-- DATA EXTRACTS follows --
unfoldable kdf_entries : List AlgHandler
kdf_entries =
    moded kdf135_snmp kdf135_snmp_kat_handler (codes "kdf-components") (codes "snmp") rev_default
      (kdf sub_kdf_snmp)
    ∷ moded kdf135_ssh kdf135_ssh_kat_handler (codes "kdf-components") (codes "ssh") rev_default
        (kdf sub_kdf_ssh)
    ∷ moded kdf135_srtp kdf135_srtp_kat_handler (codes "kdf-components") (codes "srtp") rev_default
        (kdf sub_kdf_srtp)
    ∷ moded kdf135_ikev2 kdf135_ikev2_kat_handler (codes "kdf-components") (codes "ikev2")
        rev_default (kdf sub_kdf_ikev2)
    ∷ moded kdf135_ikev1 kdf135_ikev1_kat_handler (codes "kdf-components") (codes "ikev1")
        rev_default (kdf sub_kdf_ikev1)
    ∷ moded kdf135_x942 kdf135_x942_kat_handler (codes "kdf-components") (codes "ansix9.42")
        rev_default (kdf sub_kdf_x942)
    ∷ moded kdf135_x963 kdf135_x963_kat_handler (codes "kdf-components") (codes "ansix9.63")
        rev_default (kdf sub_kdf_x963)
    ∷ plain kdf108 kdf108_kat_handler (codes "KDF") rev_default (kdf sub_kdf_108)
    ∷ plain pbkdf pbkdf_kat_handler (codes "PBKDF") rev_default (kdf sub_kdf_pbkdf)
    ∷ moded kdf_tls12 kdf_tls12_kat_handler (codes "TLS-v1.2") (codes "KDF") rev_rfc7627
        (kdf sub_kdf_tls12)
    ∷ moded kdf_tls13 kdf_tls13_kat_handler (codes "TLS-v1.3") (codes "KDF") rev_rfc8446
        (kdf sub_kdf_tls13)
    ∷ []

unfoldable kas_entries : List AlgHandler
kas_entries =
    moded kas_ecc_cdh kas_ecc_kat_handler (codes "KAS-ECC") (codes "CDH-Component") rev_default
      (kas sub_kas_ecc_cdh)
    ∷ moded kas_ecc_comp kas_ecc_kat_handler (codes "KAS-ECC") (codes "Component") rev_default
        (kas sub_kas_ecc_comp)
    ∷ moded kas_ecc_nocomp kas_ecc_kat_handler (codes "KAS-ECC") (codes "") rev_default
        (kas sub_kas_ecc_nocomp)
    ∷ moded kas_ecc_ssc kas_ecc_ssc_kat_handler (codes "KAS-ECC-SSC") (codes "Component")
        rev_sp800_56ar3 (kas sub_kas_ecc_ssc)
    ∷ moded kas_ffc_comp kas_ffc_kat_handler (codes "KAS-FFC") (codes "Component") rev_default
        (kas sub_kas_ffc_comp)
    ∷ moded kas_ffc_nocomp kas_ffc_kat_handler (codes "KAS-FFC") (codes "") rev_default
        (kas sub_kas_ffc_nocomp)
    ∷ moded kas_ffc_ssc kas_ffc_ssc_kat_handler (codes "KAS-FFC-SSC") (codes "Component")
        rev_sp800_56ar3 (kas sub_kas_ffc_ssc)
    ∷ moded kas_ifc_ssc kas_ifc_ssc_kat_handler (codes "KAS-IFC-SSC") (codes "") rev_sp800_56br2
        (kas sub_kas_ifc_ssc)
    ∷ moded kda_onestep kda_onestep_kat_handler (codes "KDA") (codes "OneStep") rev_sp800_56cr2
        (kas sub_kda_onestep)
    ∷ moded kda_twostep kda_twostep_kat_handler (codes "KDA") (codes "TwoStep") rev_sp800_56cr2
        (kas sub_kda_twostep)
    ∷ moded kda_hkdf kda_hkdf_kat_handler (codes "KDA") (codes "HKDF") rev_sp800_56cr2
        (kas sub_kda_hkdf)
    ∷ moded kts_ifc kts_ifc_kat_handler (codes "KTS-IFC") (codes "") rev_sp800_56br2
        (kas sub_kts_ifc)
    ∷ moded safe_primes_keygen safe_primes_kat_handler (codes "safePrimes") (codes "keyGen")
        rev_default (kas sub_safe_primes_keygen)
    ∷ moded safe_primes_keyver safe_primes_kat_handler (codes "safePrimes") (codes "keyVer")
        rev_default (kas sub_safe_primes_keyver)
    ∷ []

unfoldable pub alg_tbl : List AlgHandler
unfolding aes_entries tdes_entries hash_entries drbg_entries hmac_entries cmac_entries kmac_entries
    dsa_entries rsa_entries ecdsa_entries kdf_entries kas_entries
alg_tbl =
    aes_entries ++ tdes_entries ++ hash_entries ++ drbg_entries ++ hmac_entries ++ cmac_entries
    ++ kmac_entries ++ dsa_entries ++ rsa_entries ++ ecdsa_entries ++ kdf_entries ++ kas_entries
-- DATA EXTRACTS concluded --
Each line from the first line of the entries up to and including the line containing "rev_default (kdf sub_kdf_x942)" should be transcribed exactly, with all other lines left out.

▶ **ANSWER SPACE**
unfoldable kdf_entries : List AlgHandler
kdf_entries =
    moded kdf135_snmp kdf135_snmp_kat_handler (codes "kdf-components") (codes "snmp") rev_default
      (kdf sub_kdf_snmp)
    ∷ moded kdf135_ssh kdf135_ssh_kat_handler (codes "kdf-components") (codes "ssh") rev_default
        (kdf sub_kdf_ssh)
    ∷ moded kdf135_srtp kdf135_srtp_kat_handler (codes "kdf-components") (codes "srtp") rev_default
        (kdf sub_kdf_srtp)
    ∷ moded kdf135_ikev2 kdf135_ikev2_kat_handler (codes "kdf-components") (codes "ikev2")
        rev_default (kdf sub_kdf_ikev2)
    ∷ moded kdf135_ikev1 kdf135_ikev1_kat_handler (codes "kdf-components") (codes "ikev1")
        rev_default (kdf sub_kdf_ikev1)
    ∷ moded kdf135_x942 kdf135_x942_kat_handler (codes "kdf-components") (codes "ansix9.42")
        rev_default (kdf sub_kdf_x942)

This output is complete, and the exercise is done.